*Listed records:*
-----

-- ===== src/RateLimiter/Sweep.antt =====
-- hermes_agent_a2a/rate_limiter.py: the cleanup sweep is not seen by any client.
use native.Mathlib.Nat.{mul-le-mul_right}
use hermes_agent_a2a.Prelude.{
  ℕ, ◌+◌, ◌-◌, ◌*◌, ◌≤◌, ◌<◌, String, ◌≡◌, ◌∙◌, refl, ap, sym, ◌⊎◌, Bool, true, Option, none, some,
  [], ◌∷◌, arith, eq_iff, eq_refl, ◌==◌, Bool-cases, inl, inr, length,
}
use hermes_agent_a2a.Dict.{Dict, get, IsDistinct}
use hermes_agent_a2a.Dict.Laws.{get-put}
use hermes_agent_a2a.Int.{pos, neg_part, minus, min_ℤ, +ℤ_parts, eq_of_parts}
use hermes_agent_a2a.RateLimiter.{
  RateLimitConfig, Bucket, RateLimiter, nanoseconds, token, max_tokens, refill_rate, refill, spend,
  allow, is_stale, drop_stale, cleanup_sweep,
}
use hermes_agent_a2a.RateLimiter.Tokens.{draw, level, draw-cases, times_elapsed, inflow}
use hermes_agent_a2a.RateLimiter.Calls.{
  IsActive, allow_active, make_room_with_space, first_bucket, spend_new, spend_known,
}

-- A bucket that the sweep drops would be full again.
stale_inflow :
    (c : RateLimitConfig) (now t last : ℕ)
    → last * c.burst_denominator + 2 * (nanoseconds c.window_seconds * c.burst_numerator)
      < now * c.burst_denominator
    → last ≤ now
    → now ≤ t
    → max_tokens c ≤ (t - last) * refill_rate c
stale_inflow c now t last h before late =
    let sum : (t - last) + last ≡ t = omega (arith, before, late) in
    let m : now * c.burst_denominator ≤ t * c.burst_denominator =
      mul-le-mul_right c.burst_denominator late in
    let d : 2 * (nanoseconds c.window_seconds * c.burst_numerator)
        ≤ (t - last) * c.burst_denominator =
      omega (arith, ap (λ (x : ℕ). x * c.burst_denominator) sum, m, h) in
    omega (arith, mul-le-mul_right c.requests_per_window d)

stale_level :
    (c : RateLimitConfig) (now t : ℕ) (b : Bucket)
    → neg_part b.tokens ≡ 0
    → is_stale c now b ≡ true
    → b.last_refill ≤ now
    → now ≤ t
    → level c 1 t b ≡ pos (max_tokens c)
unfolding refill min_ℤ
stale_level c now t b funded stale before late =
    let (p, n) = times_elapsed t b.last_refill (refill_rate c) (omega (arith, before, late)) in
    let pays = stale_inflow c now t b.last_refill (ground (arith, stale)) before late in
    eq_of_parts (level c 1 t b) (pos (max_tokens c))
      (ground (arith, funded, p, n, pays, +ℤ_parts b.tokens (inflow c 1 t b)))

drop_stale_absent :
    (c : RateLimitConfig) (now : ℕ) (j : String) (d : Dict Bucket)
    → get j d ≡ none
    → get j (drop_stale c now d) ≡ none
unfolding get drop_stale
drop_stale_absent c now j [] h = refl
drop_stale_absent c now j ((k, b) ∷ d) h = elim (Bool-cases (is_stale c now b)) [
  | inl stale ↦ ground (arith, drop_stale_absent c now j d, h, stale)
  | inr fresh ↦ ground (arith, drop_stale_absent c now j d, h, fresh)
]

get-drop_stale :
    (c : RateLimitConfig) (now : ℕ) (j : String) (d : Dict Bucket)
    → IsDistinct d
    → (get j (drop_stale c now d) ≡ get j d)
      ⊎ ((b : Bucket) × (get j d ≡ some b)
          × (is_stale c now b ≡ true)
          × (get j (drop_stale c now d) ≡ none))
unfolding get drop_stale IsDistinct
get-drop_stale c now j [] u = inl refl
get-drop_stale c now j ((k, b) ∷ d) u = elim (Bool-cases (k == j)) [
  | inl same ↦ elim (Bool-cases (is_stale c now b)) [
    | inl stale ↦
        let gone : get j (drop_stale c now d) ≡ none =
          drop_stale_absent c now j d (ap (λ x. get x d) (sym ((eq_iff k j).0 same)) ∙ u.0) in
        inr (b, rw same refl, stale, ground (arith, stale, gone))
    | inr fresh ↦ inl (ground (arith, fresh, same))
  ]
  | inr other ↦ elim (get-drop_stale c now j d u.1) [
    | inl e ↦ inl (ground (arith, e, other))
    | inr (b', there, stale, gone) ↦ inr (b', rw other there, stale, ground (arith, gone, other))
  ]
]

length-drop_stale :
    (c : RateLimitConfig) (now : ℕ) (d : Dict Bucket) → length (drop_stale c now d) ≤ length d
unfolding drop_stale
length-drop_stale c now [] = omega arith
length-drop_stale c now ((k, b) ∷ d) = ground (arith, length-drop_stale c now d)

-- What a client sees of a call: the answer, and the bucket that it leaves the client.
abbrev pub seen : String → Option (RateLimiter × Bool × ℕ) → Option (Bool × Option Bucket)
seen client none = none
seen client (some (l, ok, wait)) = some (ok, get client l.buckets)

module _ (c : RateLimitConfig) (t : ℕ) (client : String) (l : RateLimiter) (a : IsActive c)
    (room : length l.buckets < c.max_entries) where
  returned : allow c t client 1 l ≡ some (spend c t client 1 l l.buckets)
  returned =
      allow_active c t client 1 l a
      ∙ ap (λ (d : Dict Bucket). some (spend c t client 1 l d))
          (make_room_with_space c client l.buckets room)

  seen_known :
      (b : Bucket)
      → get client l.buckets ≡ some b
      → seen client (allow c t client 1 l) ≡ some ((draw c 1 t b).1, some (draw c 1 t b).0)
  seen_known b there =
      let (written, answer) = spend_known c t client 1 l l.buckets b there in
      rw
        (
          returned,
          written,
          answer,
          get-put client client (draw c 1 t b).0 l.buckets,
          eq_refl client,
        )
        refl

  seen_new :
      get client l.buckets ≡ none
      → seen client (allow c t client 1 l)
        ≡ some (true, some (first_bucket c t client 1 l l.buckets))
  seen_new absent =
      let (written, answer) = spend_new c t client 1 l l.buckets absent in
      rw
        (
          returned,
          written,
          answer,
          get-put client client (first_bucket c t client 1 l l.buckets) l.buckets,
          eq_refl client,
        )
        refl

abbrev buckets_of : Option RateLimiter → Dict Bucket
buckets_of none = []
buckets_of (some l) = l.buckets

abbrev outcome : Bucket × Bool → Option (Bool × Option Bucket)
outcome (b, ok) = some (ok, some b)

draw_stale :
    (c : RateLimitConfig) (now t : ℕ) (b : Bucket)
    → 1 * token c ≤ max_tokens c
    → neg_part b.tokens ≡ 0
    → is_stale c now b ≡ true
    → b.last_refill ≤ now
    → now ≤ t
    → draw c 1 t b
      ≡ (record { tokens = minus (pos (max_tokens c)) (1 * token c); last_refill = t }, true)
draw_stale c now t b afford funded stale before late =
    let full = stale_level c now t b funded stale before late in
    elim (draw-cases c 1 t b) [
      | inl (_, e) ↦ rw full at e
      | inr (short, _) ↦ absurd (ground (arith, rw full at short))
    ]

-- The sweep is not seen by a client whose bucket is not overdrawn: its next call has the same answer,
-- and leaves it the same bucket, with and without the sweep. The limiter is on and has room, a whole
-- token is at most the capacity, no client has two buckets, and the clock does not run backwards.
pub sweep_unseen :
    (c : RateLimitConfig) (now t : ℕ) (client : String) (l l' : RateLimiter) (b : Bucket)
    → IsActive c
    → 1 * token c ≤ max_tokens c
    → length l.buckets < c.max_entries
    → IsDistinct l.buckets
    → get client l.buckets ≡ some b
    → neg_part b.tokens ≡ 0
    → b.last_refill ≤ now
    → now ≤ t
    → cleanup_sweep c now l ≡ some l'
    → seen client (allow c t client 1 l') ≡ seen client (allow c t client 1 l)
unfolding cleanup_sweep
sweep_unseen c now t client l l' b a afford room u there funded before late swept =
    let result : cleanup_sweep c now l ≡ some (record l { buckets = drop_stale c now l.buckets }) =
      ground (arith, a) in
    let left : l'.buckets ≡ drop_stale c now l.buckets = ap buckets_of (sym swept ∙ result) in
    let room' : length l'.buckets < c.max_entries =
      rw left (omega (arith, length-drop_stale c now l.buckets, room)) in
    elim (get-drop_stale c now client l.buckets u) [
      | inl same ↦
          seen_known c t client l' a room' b (ap (get client) left ∙ same ∙ there)
          ∙ sym (seen_known c t client l a room b there)
      | inr (b', there', stale, gone) ↦
          let one : b' ≡ b = cc (there', there) in
          seen_new c t client l' a room' (ap (get client) left ∙ gone)
          ∙ sym (
              seen_known c t client l a room b there
              ∙ ap outcome (
                  draw_stale c now t b afford funded (ap (is_stale c now) (sym one) ∙ stale) before
                    late))
    ]
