-- ===== src/RunnerPool/Probe/Backoff.antt =====
-- internal/service/pool.go, `recordProbeFailure`: the pause after failed probes.
use native.Mathlib.Nat.{pow-suc}
use gen_runner.Prelude.{
  ℕ, zero, suc, ◌+◌, ◌-◌, ◌*◌, ◌^◌, ◌≤◌, min, ◌≡◌, ap, ◌⊎◌, inl, inr, false, List, [], ◌∷◌, ◌++◌,
  arith, length,
}
use gen_runner.Text.{Text}
use gen_runner.Dict.{insert, lookup-insert_self}
use gen_runner.RunnerPool.{
  ProbeEntry, Pool, backoff_base, backoff_max, backoff, entry, record_probe_failure,
}

pow-suc_two : (k : ℕ) → 2 ^ suc k ≡ 2 ^ k * 2
pow-suc_two k = rw pow-suc (omega arith)

one-le-pow : (k : ℕ) → 1 ≤ 2 ^ k
one-le-pow zero = omega arith
one-le-pow (suc k) = omega (arith, pow-suc_two k, one-le-pow k)

-- The pause after failed probes is from one second to thirty.
pub backoff_bounds : (n : ℕ) → (backoff_base ≤ backoff n) × (backoff n ≤ backoff_max)
unfolding backoff
backoff_bounds n = (omega (arith, one-le-pow (min (n - 1) 5)), omega arith)

-- One more failure never shortens the pause after failed probes.
pub backoff_mono : (n : ℕ) → backoff n ≤ backoff (n + 1)
unfolding backoff
backoff_mono n =
    elim (dec_eq_step (min (n - 1) 5) (min (n + 1 - 1) 5) (omega arith) (omega arith)) [
      | inl e ↦ rw e (omega arith)
      | inr e ↦ rw e (omega (arith, pow-suc_two (min (n - 1) 5)))
    ]
  where
    dec_eq_step : (a b : ℕ) → a ≤ b → b ≤ suc a → (b ≡ a) ⊎ (b ≡ suc a)
    dec_eq_step a b h k = omega arith

pub entry-insert :
    (p : Pool) (addr : Text) (e : ProbeEntry)
    → entry (record p { probe_cache = insert addr e p.probe_cache }) addr ≡ e
unfolding entry
entry-insert p addr e = rw (lookup-insert_self addr e p.probe_cache, entry)

-- Probes of one address that fail, one at each of the given times.
unfoldable pub fail_at : Pool → Text → List ℕ → Pool
fail_at p addr [] = p
fail_at p addr (t ∷ ts) = fail_at (record_probe_failure p t addr) addr ts

failed_entry :
    (p : Pool) (t : ℕ) (addr : Text)
    → let e = entry (record_probe_failure p t addr) addr in
      let n = (entry p addr).fail_count + 1 in
      (e.ok ≡ false) × (e.fail_count ≡ n) × (e.backoff_until ≡ t + backoff n)
unfolding record_probe_failure
failed_entry p t addr =
    let same = entry-insert p addr _ in
    (
      ap (λ (e : ProbeEntry). e.ok) same,
      ap (λ (e : ProbeEntry). e.fail_count) same,
      ap (λ (e : ProbeEntry). e.backoff_until) same,
    )

-- After failures at `ts` and then at `t` the cache has counted them all on top of what it had, and
-- the address is down and rests from `t` for the pause of that count, which is from one second to
-- thirty.
fail_at-entry :
    (p : Pool) (addr : Text) (ts : List ℕ) (t : ℕ)
    → let e = entry (fail_at p addr (ts ++ t ∷ [])) addr in
      let n = (entry p addr).fail_count + length ts + 1 in
      (e.ok ≡ false)
      × (e.fail_count ≡ n)
      × (e.backoff_until ≡ t + backoff n)
      × (t + backoff_base ≤ e.backoff_until)
      × (e.backoff_until ≤ t + backoff_max)
unfolding fail_at
fail_at-entry p addr [] t =
    let (not_ok, count, until) = failed_entry p t addr in
    let n = (entry p addr).fail_count + 1 in
    let same : (entry p addr).fail_count + 0 + 1 ≡ n = omega arith in
    rw same (
      not_ok,
      count,
      until,
      omega (arith, until, backoff_bounds n),
      omega (arith, until, backoff_bounds n),
    )
fail_at-entry p addr (t' ∷ ts) t =
    let count = (failed_entry p t' addr).1 in
    let n = (entry p addr).fail_count in
    let same : n + 1 + length ts + 1 ≡ n + suc (length ts) + 1 = omega arith in
    rw (← same, ← count) (fail_at-entry (record_probe_failure p t' addr) addr ts t)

-----

*What to do:* Your answer should be a single number: the count of lines above with the word "returned".

*Task solution:* 4